Could you reproduce the lines below from the one with "statics of lib/sched.c." through the one with "does not come"? Keep both ends and add nothing.

┌────────

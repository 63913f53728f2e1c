-- ===== src/Sfd/Shared/Program.antt =====
-- Programs of constructions, copies, moves, assignments and destructions.
use knowledge_acquisition.Prelude.{
  ℕ, suc, ◌+◌, ◌<◌, ◌≡◌, inl, inr, refl, ap, ◌∙◌, arith, Option, none, some, List, [], ◌∷◌, length,
  get_elem?, length-replicate, All, ltb, Option-cases, if◌then◌else◌,
}
use knowledge_acquisition.Sfd.Registry.{empty_slot, get_count, size_mod}
use knowledge_acquisition.Sfd.Registry.Direct.{new_registry-Counts}
use knowledge_acquisition.Sfd.Shared.{
  Shared, World, start, construct, copy, reset, copy_assign, move, move_assign,
}
use knowledge_acquisition.Sfd.Shared.Counting.{Fits, holders, IsCounted, Fits-at}
use knowledge_acquisition.Sfd.Shared.Closing.{lost, closings, ClosesLost}
use knowledge_acquisition.Sfd.Registry.Direct.{get_count_lem, get_count-none}
use knowledge_acquisition.Sfd.Shared.{use_count}
use knowledge_acquisition.Sfd.Shared.Run.{
  Keeps, reset-Keeps, construct-Keeps, copy-Keeps, copy_assign-Keeps, move_assign-Keeps, move-Keeps,
}

pub data Op {ℓ} (C : Type ℓ) : Type ℓ where
  construct_op : (fd : Option ℕ) (ctx : C) → Op C
  copy_op : (other : ℕ) → Op C
  move_op : (other : ℕ) → Op C
  copy_assign_op : (i other : ℕ) → Op C
  move_assign_op : (i other : ℕ) → Op C
  destroy_op : (i : ℕ) → Op C

-- A new descriptor has a slot of its own.
abbrev pub Legal {ℓ} : {C : Type ℓ} → ℕ → Op C → Type 0
Legal n (construct_op fd ctx) = Fits n fd
Legal n (copy_op other) = Unit {0}
Legal n (move_op other) = Unit {0}
Legal n (copy_assign_op i other) = Unit {0}
Legal n (move_assign_op i other) = Unit {0}
Legal n (destroy_op i) = Unit {0}

module _ {ℓ} {C : Type ℓ} (left : C → C) where
  unfoldable pub apply : Op C → World C → Option (World C)
  apply (construct_op fd ctx) w = some (construct fd ctx w)
  apply (copy_op other) w = copy other w
  apply (move_op other) w = move left other w
  apply (copy_assign_op i other) w = copy_assign i other w
  apply (move_assign_op i other) w = move_assign left i other w
  apply (destroy_op i) w = reset i w

module _ {ℓ} {C : Type ℓ} where
  pub apply-Keeps :
      (left : C → C) (op : Op C) (w : World C)
      → IsCounted w
      → Legal (length w.registry) op
      → suc (length w.objects) < size_mod
      → Keeps w (apply left op w)
  unfolding apply
  apply-Keeps left (construct_op fd ctx) w v l b = construct-Keeps fd ctx w v l b
  apply-Keeps left (copy_op other) w v l b = copy-Keeps other w v b
  apply-Keeps left (move_op other) w v l b = move-Keeps left other w v b
  apply-Keeps left (copy_assign_op i other) w v l b = copy_assign-Keeps i other w v b
  apply-Keeps left (move_assign_op i other) w v l b = move_assign-Keeps left i other w v
  apply-Keeps left (destroy_op i) w v l b = reset-Keeps i w v

-- Each operation runs on what the one before left.
module _ {ℓ} {C : Type ℓ} (left : C → C) where
  unfoldable pub run : List (Op C) → World C → Option (World C)
  run [] w = some w
  run (op ∷ ops) w = elim (apply left op w) [ none ↦ none | some w' ↦ run ops w' ]

  -- How often a descriptor that no object holds comes into use.
  unfoldable pub openings : ℕ → List (Op C) → World C → ℕ
  openings fd [] w = 0
  openings fd (op ∷ ops) w = elim (apply left op w) [
    | none ↦ 0
    | some w' ↦ lost (holders fd w'.objects) (holders fd w.objects) + openings fd ops w'
  ]

-- The number of the objects that hold what one of them holds.
abbrev pub users {ℓ} : {C : Type ℓ} → Option ℕ → List (Shared C) → ℕ
users none objects = 0
users (some fd) objects = holders fd objects

abbrev pub present : ℕ → ℕ
present count = if ltb 0 count then 1 else 0

module _ {ℓ} {C : Type ℓ} (left : C → C) where
  -- What a program leaves.
  abbrev pub Balances : ℕ → List (Op C) → World C → World C → Type ℓ
  Balances fd ops w w' =
      IsCounted w'
      × (length w'.registry ≡ length w.registry)
      × (closings fd w'.closed + present (holders fd w'.objects)
          ≡ closings fd w.closed + present (holders fd w.objects) + openings left fd ops w)

  run-Balances :
      (fd : ℕ) (ops : List (Op C)) (w w' : World C)
      → IsCounted w
      → All (Legal (length w.registry)) ops
      → length ops + length w.objects < size_mod
      → run left ops w ≡ some w'
      → Balances fd ops w w'
  unfolding run openings ClosesLost
  run-Balances fd [] w w' v l b e =
      let q : w ≡ w' = ground (arith, e) in rw (← q) (v, refl, omega arith)
  run-Balances fd (op ∷ ops) w w' v l b e =
      let k = apply-Keeps left op w v l.0 (omega arith) in
      elim (Option-cases (apply left op w)) [
        | inl n ↦ let q = rw (n, run) at e in cc
        | inr (u, n) ↦
            let (c, x, s, o) = rw n at k in
            let f : All (Legal (length u.registry)) ops = rw s l.1 in
            let r = run-Balances fd ops u w' c f (omega arith) (rw (n, run) at e) in
            let m = x fd in (r.0, r.1 ∙ s, rw (n, openings) (ground arith))
      ]

  start-IsCounted : (n : ℕ) → IsCounted {C = C} (start n)
  start-IsCounted n = record { counts = new_registry-Counts n; fit = tt; few = omega arith }

  balance :
      (n fd : ℕ) (ops : List (Op C)) (w : World C)
      → All (Legal n) ops
      → length ops < size_mod
      → run left ops (start n) ≡ some w
      → Balances fd ops (start n) w
  balance n fd ops w l b e =
      run-Balances fd ops (start n) w (start-IsCounted n) (rw (length-replicate n empty_slot) l)
        (omega arith) e

  count_of :
      (w : World C) (held : Option ℕ)
      → IsCounted w
      → Fits (length w.registry) held
      → get_count held w.registry ≡ users held w.objects
  count_of w none v f = get_count-none w.registry (λ d. holders d w.objects) v.counts
  count_of w (some fd) v f = get_count_lem w.registry (λ d. holders d w.objects) fd v.counts f

  -- When a program of fewer than 2 ^ 64 operations runs from the start, with descriptors below the number
  -- of slots, the use count of an object is the number of the objects that hold its descriptor, and 0
  -- if it holds none.
  pub use_count-run :
      (n i : ℕ) (ops : List (Op C)) (w : World C) (object : Shared C)
      → All (Legal n) ops
      → length ops < size_mod
      → run left ops (start n) ≡ some w
      → get_elem? w.objects i ≡ some object
      → use_count i w ≡ some (users object.fd w.objects)
  unfolding use_count
  use_count-run n i ops w object l b e g =
      let r = balance n 0 ops w l b e in
      rw (g, use_count)
        (ap some
          (count_of w object.fd r.0 (Fits-at (length w.registry) w.objects i object r.0.fit g)))

  -- When a program of fewer than 2 ^ 64 operations runs from the start, with descriptors below the number
  -- of slots, each descriptor is closed once for every time it came into use, which `openings` counts,
  -- less once if an object still holds it.
  pub closings-run :
      (n fd : ℕ) (ops : List (Op C)) (w : World C)
      → All (Legal n) ops
      → length ops < size_mod
      → run left ops (start n) ≡ some w
      → closings fd w.closed + present (holders fd w.objects) ≡ openings left fd ops (start n)
  closings-run n fd ops w l b e = let r = balance n fd ops w l b e in omega (arith, r.2)
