-- ===== src/Lib.antt =====
-- Verification library of the system: a port of the MOS teaching kernel to ARMv7, with its memory
-- management, environments, scheduler, system calls, loader and formatted output, its file server,
-- and the library of its user processes.
--
-- The parts, and the files that model them:
--   Prelude   what the modules share: lists, tests, bit fields, and runs of code over a state.
--   Queue     the doubly linked lists of include/queue.h; Queue/Chain says what list they hold.
--   Mmu       the address macros of include/mmu.h, include/memlayout.h and include/types.h and the
--             translations of include/pmap.h.
--   Mm        the page allocator of mm/pmap.c (`alloc`, `page_init`, `page_alloc`, `page_free`,
--             `page_decref`) over the state `Mm`: `npage`, `freemem`, the counts `pp_ref`, the free
--             list, the memory, and the TLB invalidations issued.
--   Paging    the page tables of mm/pmap.c (`pgdir_walk`, `page_lookup`, `page_insert`,
--             `page_remove`, `tlb_invalidate`) and `va2pa` of include/pmap.h.
--   Boot      `init_boot_pgdir`, `armv7_vm_init` and `pageout` of mm/pmap.c.
--   Kernel    the state that the parts above it share: `struct Env` of include/env.h, `struct
--             Trapframe` of include/trap.h, the globals of lib/env.c and the statics of lib/sched.c.
--   Envs      identifiers, allocation and switch of environments (`mkenvid`, `envid2env`, `env_init`,
--             `env_setup_vm`, `env_alloc`, `env_run` of lib/env.c); Envs/Copy has `bcopy` of init/init.c
--             on whole words.
--   Loader    the loading of binaries: `load_elf` of lib/kernel_elfloader.c with
--             `load_icode_mapper`, `load_icode` and `env_create_priority` of lib/env.c.
--   Sched     `sched_yield` of lib/sched.c; Sched/Turn says whose turn is next on its list.
--   Teardown  `env_free` (here `env_free_of`) and `env_destroy` of lib/env.c.
--   Svc       the system calls of lib/svc.c on environments; SvcMem those on address spaces; Ipc
--             the messages, `sys_ipc_recv` and `sys_ipc_can_send`.
--   Print     `PrintNum`, `PrintChar` and `PrintString` of lib/print.c, and Format its `lp_Print`.
--   Blocks    the cache of disk blocks and the bitmap of fs/fs.c, with fs/ide.c, and in
--             Blocks/Start its `fs_init`; Files the blocks and the size of a file, and Paths its
--             directories and paths.
--   Server    the requests of fs/serv.c over the state `Serv`: that of the file system, `opentab`,
--             the pages of `struct Filefd` with their references, and the answers sent.
--   UserMem   the memory of a user process as its library sees it, and user/string.c.
--   Fds       the table of descriptors of user/fd.c; FileCalls the requests of user/fsipc.c and the
--             calls of user/file.c; FdCalls the calls of user/fd.c over the devices, with
--             user/console.c and two functions of user/pipe.c; Pipes its `pipe`.
--   Tests     runs on small concrete states, with the theorems applied to them.
--
-- Each function is a command over the state of its layer: it is done with a result, or it has
-- left (`env_run` does not come back from user mode, `cons_read` waits without a character, `OUTPUT` of
-- lib/print.c spins behind its fatal message), or it has halted, in a panic, at an access through
-- NULL, or at a byte of a process that its permissions do not allow. `in_mm` runs code of mm/pmap.c on the memory
-- of the kernel, `in_fs` code of fs/fs.c on the file system of the server. An `int` result is a
-- value or an error of include/error.h. Pointers to pages and environments are their indices, and
-- pointers to memory their addresses. Words are natural numbers with the wrap-around of the code
-- written out; the memory of the kernel is a function from the address of a word to the word, and a
-- page that is not zeroed or copied keeps its words; `bcopy` takes the words apart into bytes. The memory of a user process has bytes, at the
-- frame of their page, so that two addresses may share them; the record of a descriptor stands apart
-- from the bytes of its page, and the theorems on copies are for buffers in other pages. `printf` calls are left out, but on
-- the console.
--
-- Parameters: for a user process the file server is a function `server` that answers a request
-- (FileCalls/Served puts the model of fs/serv.c behind it), and `piperead` and `pipewrite`, whose
-- bodies are not finished in the source, are two more; a named hypothesis, `pipe_settles`, says of
-- `piperead` that it ends with an error or at most the count. What was in a local variable before
-- it is set is the parameter `junk` of `load_icode`, and the field `unset` of `Serv` for the variable
-- `o` of `serve_open`; the sizes of `struct Page` and `struct Env`
-- are parameters of `armv7_vm_init`, and `cpsr`, which a register holds, one of `env_alloc`.
-- `open_file` is `open` of user/file.c and `open_pipe` is `pipe` of user/pipe.c.
--
-- Fuel: `sched_yield` has a unit for each round of its loop; Sched/Yield says that one is enough,
-- or one more than the ticks left, and Sched/Spin when no amount is. The digits of a word need
-- 32 rounds at most, which is what `print_num` has. `lp_print` has a unit for each character of
-- the format and one more, and `readn` one for each byte asked for and one more. The routines of
-- user/string.c look at the bytes up to a bound. All other loops are structural; those that step
-- by a page up to a size run for the pages of the size, as the code does for sizes below 2^32 -
-- 4096. The fields of an ELF header are read as aligned words.
--
-- Not modelled: the processor's instructions (`lcontext`, the exception entries), the drivers, the
-- order of the start of the kernel, the system calls on devices and the console, the loops of
-- user/ipc.c and the rest of the user library, the unfinished functions of user/pipe.c; the self
-- tests, test programs and host tools. The kernel under the file server is the number of pages
-- that it is still given; that under a user process is the set of pages that it can map and the
-- frames left.
pub mod Blocks
pub mod Boot
pub mod Envs
pub mod FdCalls
pub mod Fds
pub mod FileCalls
pub mod Files
pub mod Format
pub mod Ipc
pub mod Kernel
pub mod Loader
pub mod Mm
pub mod Mmu
pub mod Paging
pub mod Paths
pub mod Pipes
pub mod Prelude
pub mod Print
pub mod Queue
pub mod Sched
pub mod Server
pub mod Svc
pub mod SvcMem
pub mod Teardown
pub mod Tests
pub mod UserMem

└────────

_SOLUTION FOR THIS EXERCISE_:
--             Trapframe` of include/trap.h, the globals of lib/env.c and the statics of lib/sched.c.
--   Envs      identifiers, allocation and switch of environments (`mkenvid`, `envid2env`, `env_init`,
--             `env_setup_vm`, `env_alloc`, `env_run` of lib/env.c); Envs/Copy has `bcopy` of init/init.c
--             on whole words.
--   Loader    the loading of binaries: `load_elf` of lib/kernel_elfloader.c with
--             `load_icode_mapper`, `load_icode` and `env_create_priority` of lib/env.c.
--   Sched     `sched_yield` of lib/sched.c; Sched/Turn says whose turn is next on its list.
--   Teardown  `env_free` (here `env_free_of`) and `env_destroy` of lib/env.c.
--   Svc       the system calls of lib/svc.c on environments; SvcMem those on address spaces; Ipc
--             the messages, `sys_ipc_recv` and `sys_ipc_can_send`.
--   Print     `PrintNum`, `PrintChar` and `PrintString` of lib/print.c, and Format its `lp_Print`.
--   Blocks    the cache of disk blocks and the bitmap of fs/fs.c, with fs/ide.c, and in
--             Blocks/Start its `fs_init`; Files the blocks and the size of a file, and Paths its
--             directories and paths.
--   Server    the requests of fs/serv.c over the state `Serv`: that of the file system, `opentab`,
--             the pages of `struct Filefd` with their references, and the answers sent.
--   UserMem   the memory of a user process as its library sees it, and user/string.c.
--   Fds       the table of descriptors of user/fd.c; FileCalls the requests of user/fsipc.c and the
--             calls of user/file.c; FdCalls the calls of user/fd.c over the devices, with
--             user/console.c and two functions of user/pipe.c; Pipes its `pipe`.
--   Tests     runs on small concrete states, with the theorems applied to them.
--
-- Each function is a command over the state of its layer: it is done with a result, or it has
-- left (`env_run` does not come back from user mode, `cons_read` waits without a character, `OUTPUT` of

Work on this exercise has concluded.